[[ Data open ]]

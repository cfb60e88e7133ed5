-- ===== src/Dataset/Validate.antt =====
-- The checks of references in `build_package_validation_report` of cli/commands/data/package.rs. The
-- checks of one table by its schema are not part of it.
use snow_cli.Base.{
  is_some, and_then, text_eq, not, ℕ, suc, Text, Bool, Option, List, Result, if◌then◌else◌, ◌∷◌, [],
  ◌++◌, ◌||◌, some, none, ok, err,
}
use snow_cli.Identifiers.{table_name}
use snow_cli.Trees.{has, add, put, entry_at}
use snow_cli.Dataset.Types.{
  Reference, Marker, ManifestTable, TableRecord, Artifact, Reading, PackageError, missing_artifact,
  invalid_name, json_value_as_text,
}
use snow_cli.Dataset.Import.{marker_in}

pub data IssueKind : Type 0 where
  missing_dependency_table reference_mismatch unresolved_reference missing_reference_placeholder :
      IssueKind

-- An issue, without its message.
pub record Issue : Type 0 where
  pub kind : IssueKind
  pub issue_field : Text
  pub record_index : Option ℕ

abbrev pub is_mismatch : Reference → Marker → Bool
is_mismatch reference marker =
    not (text_eq marker.marker_table reference.target_table)
    || not (text_eq marker.marker_source_key reference.source_key)
    || not (text_eq marker.marker_target_key reference.target_key)

abbrev pub marker_issue : Reference → List Text → Option Marker → Option IssueKind
marker_issue reference values none = some missing_reference_placeholder
marker_issue reference values (some marker) =
    if is_mismatch reference marker
    then some reference_mismatch
    else if not (has marker.source_value values)
    then some unresolved_reference
    else none

abbrev pub issue_then : Reference → ℕ → Option IssueKind → List Issue → List Issue
issue_then reference index none issues = issues
issue_then reference index (some kind) issues =
    record { kind = kind; issue_field = reference.field; record_index = some index } ∷ issues

-- What two checks find, one after the other.
abbrev pub both :
    Result PackageError (List Issue)
    → Result PackageError (List Issue)
    → Result PackageError (List Issue)
both (err e) next = err e
both (ok issues) (err e) = err e
both (ok issues) (ok more) = ok (issues ++ more)

module _ {N : Type 0} (reading : Reading N) where
  -- `source_values`
  abbrev pub source_values : Text → List (TableRecord N) → List Text
  source_values key [] = []
  source_values key (entry ∷ entries) =
      elim (and_then (entry_at key entry.fields) (json_value_as_text reading)) [
        | none ↦ source_values key entries
        | some value ↦ add value (source_values key entries)
      ]

  abbrev pub record_issues : Reference → List Text → ℕ → List (TableRecord N) → List Issue
  record_issues reference values index [] = []
  record_issues reference values index (entry ∷ entries) =
      issue_then reference index
        (marker_issue reference values (marker_in reading reference entry.fields))
        (record_issues reference values (suc index) entries)

  abbrev pub artifact_issues :
      ManifestTable
      → Reference
      → Option (Artifact N)
      → Option (Artifact N)
      → Result PackageError (List Issue)
  artifact_issues table reference none own = err (missing_artifact reference.target_table)
  artifact_issues table reference (some target) none = err (missing_artifact table.manifest_name)
  artifact_issues table reference (some target) (some own) =
      ok (record_issues reference (source_values reference.source_key target.records) 0 own.records)

  module _ (tables : List (Text × ManifestTable)) (artifacts : List (Text × Artifact N)) where
    abbrev pub reference_issues : ManifestTable → Reference → Result PackageError (List Issue)
    reference_issues table reference =
        if not (is_some (entry_at reference.target_table tables))
        then ok (
            record {
              kind = missing_dependency_table;
              issue_field = reference.field;
              record_index = none;
            }
            ∷ [])
        else artifact_issues table reference (entry_at reference.target_table artifacts)
            (entry_at table.manifest_name artifacts)

    abbrev pub references_issues : ManifestTable → List Reference → Result PackageError (List Issue)
    references_issues table [] = ok []
    references_issues table (reference ∷ references) =
        both (reference_issues table reference) (references_issues table references)

    abbrev pub package_issues : List ManifestTable → Result PackageError (List Issue)
    package_issues [] = ok []
    package_issues (table ∷ rest) =
        both (references_issues table table.references) (package_issues rest)

-- The loop that reads the artifacts, and parses the names of their tables.
abbrev pub read_artifacts :
    {N : Type 0}
    → (Text → Option (Artifact N))
    → List ManifestTable
    → List (Text × Artifact N)
    → Result PackageError (List (Text × Artifact N))
read_artifacts read [] artifacts = ok artifacts
read_artifacts read (table ∷ tables) artifacts = elim (read table.file) [
  | none ↦ err (missing_artifact table.manifest_name)
  | some artifact ↦ elim (table_name table.manifest_name) [
    | err e ↦ err (invalid_name table.manifest_name)
    | ok name ↦ read_artifacts read tables (put table.manifest_name artifact artifacts)
  ]
]
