-- ===== src/Dataset/Resolved.antt =====
-- What the references of a package are when cli/commands/data/package.rs finds no issue with them.
use snow_cli.Base.{
  arith, text_eq_iff, ℕ, suc, Text, Option, List, Result, ◌∷◌, [], true, some, none, ok, err, ◌≡◌,
  refl, All,
}
use snow_cli.Trees.{has, entry_at}
use snow_cli.Dataset.Types.{
  Reference, Marker, ManifestTable, TableRecord, Artifact, Reading, PackageError,
}
use snow_cli.Dataset.Import.{marker_in}
use snow_cli.Dataset.Validate.{
  Issue, IssueKind, marker_issue, issue_then, both, source_values, record_issues, artifact_issues,
  reference_issues, references_issues, package_issues,
}

-- A placeholder for one of the values.
abbrev pub IsMatched : Reference → List Text → Option Marker → Type 0
IsMatched reference values none = ⊥
IsMatched reference values (some marker) =
    (marker.marker_table ≡ reference.target_table)
    × (marker.marker_source_key ≡ reference.source_key)
    × (has marker.source_value values ≡ true)

marker_issue-IsMatched :
    (reference : Reference) (values : List Text) (m : Option Marker)
    → marker_issue reference values m ≡ none
    → IsMatched reference values m
marker_issue-IsMatched reference values none h = absurd (ground arith)
marker_issue-IsMatched reference values (some marker) h = (
  ground (arith, text_eq_iff marker.marker_table reference.target_table),
  ground (arith, text_eq_iff marker.marker_source_key reference.source_key),
  ground arith,
)

pub both-ok :
    (a b : Result PackageError (List Issue)) → both a b ≡ ok [] → (a ≡ ok []) × (b ≡ ok [])
both-ok (err e) b h = absurd (ground arith)
both-ok (ok issues) (err e) h = absurd (ground arith)
both-ok (ok []) (ok more) h = (refl, h)
both-ok (ok (issue ∷ issues)) (ok more) h = absurd (ground arith)

issue_then-none :
    (reference : Reference) (index : ℕ) (o : Option IssueKind) (issues : List Issue)
    → issue_then reference index o issues ≡ []
    → (o ≡ none) × (issues ≡ [])
issue_then-none reference index none issues h = (refl, h)
issue_then-none reference index (some kind) issues h = absurd (ground arith)

module _ {N : Type 0} (reading : Reading N) where
  record_issues-IsMatched :
      (reference : Reference) (values : List Text) (index : ℕ) (entries : List (TableRecord N))
      → record_issues reading reference values index entries ≡ []
      → All (λ entry. IsMatched reference values (marker_in reading reference entry.fields)) entries
  record_issues-IsMatched reference values index [] h = tt
  record_issues-IsMatched reference values index (entry ∷ entries) h =
      let found = marker_in reading reference entry.fields in
      let (first, rest) =
        issue_then-none reference index (marker_issue reference values found)
          (record_issues reading reference values (suc index) entries) h in
      (
        marker_issue-IsMatched reference values found first,
        record_issues-IsMatched reference values (suc index) entries rest,
      )

  -- Every record has a placeholder for a record of the target.
  abbrev pub IsResolved : List (Text × Artifact N) → ManifestTable → Reference → Type 0
  IsResolved artifacts table reference =
      (target : Artifact N) × (own : Artifact N) × (entry_at reference.target_table artifacts
        ≡ some target)
      × (entry_at table.manifest_name artifacts ≡ some own)
      × All
          (λ entry.
            IsMatched reference (source_values reading reference.source_key target.records)
              (marker_in reading reference entry.fields))
          own.records

  artifact_issues-IsResolved :
      (artifacts : List (Text × Artifact N)) (table : ManifestTable) (reference : Reference)
      (target own : Option (Artifact N))
      → entry_at reference.target_table artifacts ≡ target
      → entry_at table.manifest_name artifacts ≡ own
      → artifact_issues reading table reference target own ≡ ok []
      → IsResolved artifacts table reference
  artifact_issues-IsResolved artifacts table reference none own at_target at_own h =
      absurd (ground arith)
  artifact_issues-IsResolved artifacts table reference (some target) none at_target at_own h =
      absurd (ground arith)
  artifact_issues-IsResolved artifacts table reference (some target) (some own) at_target at_own h =
      let values = source_values reading reference.source_key target.records in
      (
        target,
        own,
        at_target,
        at_own,
        record_issues-IsMatched reference values 0 own.records (ground arith),
      )

  module _ (tables : List (Text × ManifestTable)) (artifacts : List (Text × Artifact N)) where
    reference_issues-IsResolved :
        (table : ManifestTable) (reference : Reference)
        → reference_issues reading tables artifacts table reference ≡ ok []
        → IsResolved artifacts table reference
    reference_issues-IsResolved table reference h =
        artifact_issues-IsResolved artifacts table reference
          (entry_at reference.target_table artifacts) (entry_at table.manifest_name artifacts) refl
          refl (ground arith)

    references_issues-IsResolved :
        (table : ManifestTable) (references : List Reference)
        → references_issues reading tables artifacts table references ≡ ok []
        → All (IsResolved artifacts table) references
    references_issues-IsResolved table [] h = tt
    references_issues-IsResolved table (reference ∷ references) h =
        let (first, rest) =
          both-ok (reference_issues reading tables artifacts table reference)
            (references_issues reading tables artifacts table references) h in
        (
          reference_issues-IsResolved table reference first,
          references_issues-IsResolved table references rest,
        )

    pub package_issues-IsResolved :
        (rest : List ManifestTable)
        → package_issues reading tables artifacts rest ≡ ok []
        → All (λ table. All (IsResolved artifacts table) table.references) rest
    package_issues-IsResolved [] h = tt
    package_issues-IsResolved (table ∷ rest) h =
        let (first, more) =
          both-ok (references_issues reading tables artifacts table table.references)
            (package_issues reading tables artifacts rest) h in
        (
          references_issues-IsResolved table table.references first,
          package_issues-IsResolved rest more,
        )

[[ Data closed ]]

*Task to carry out*
Look through the entries above, and wherever a line holds the word "elim", copy it.

*Task output*
      elim (and_then (entry_at key entry.fields) (json_value_as_text reading)) [
read_artifacts read (table ∷ tables) artifacts = elim (read table.file) [
  | some artifact ↦ elim (table_name table.manifest_name) [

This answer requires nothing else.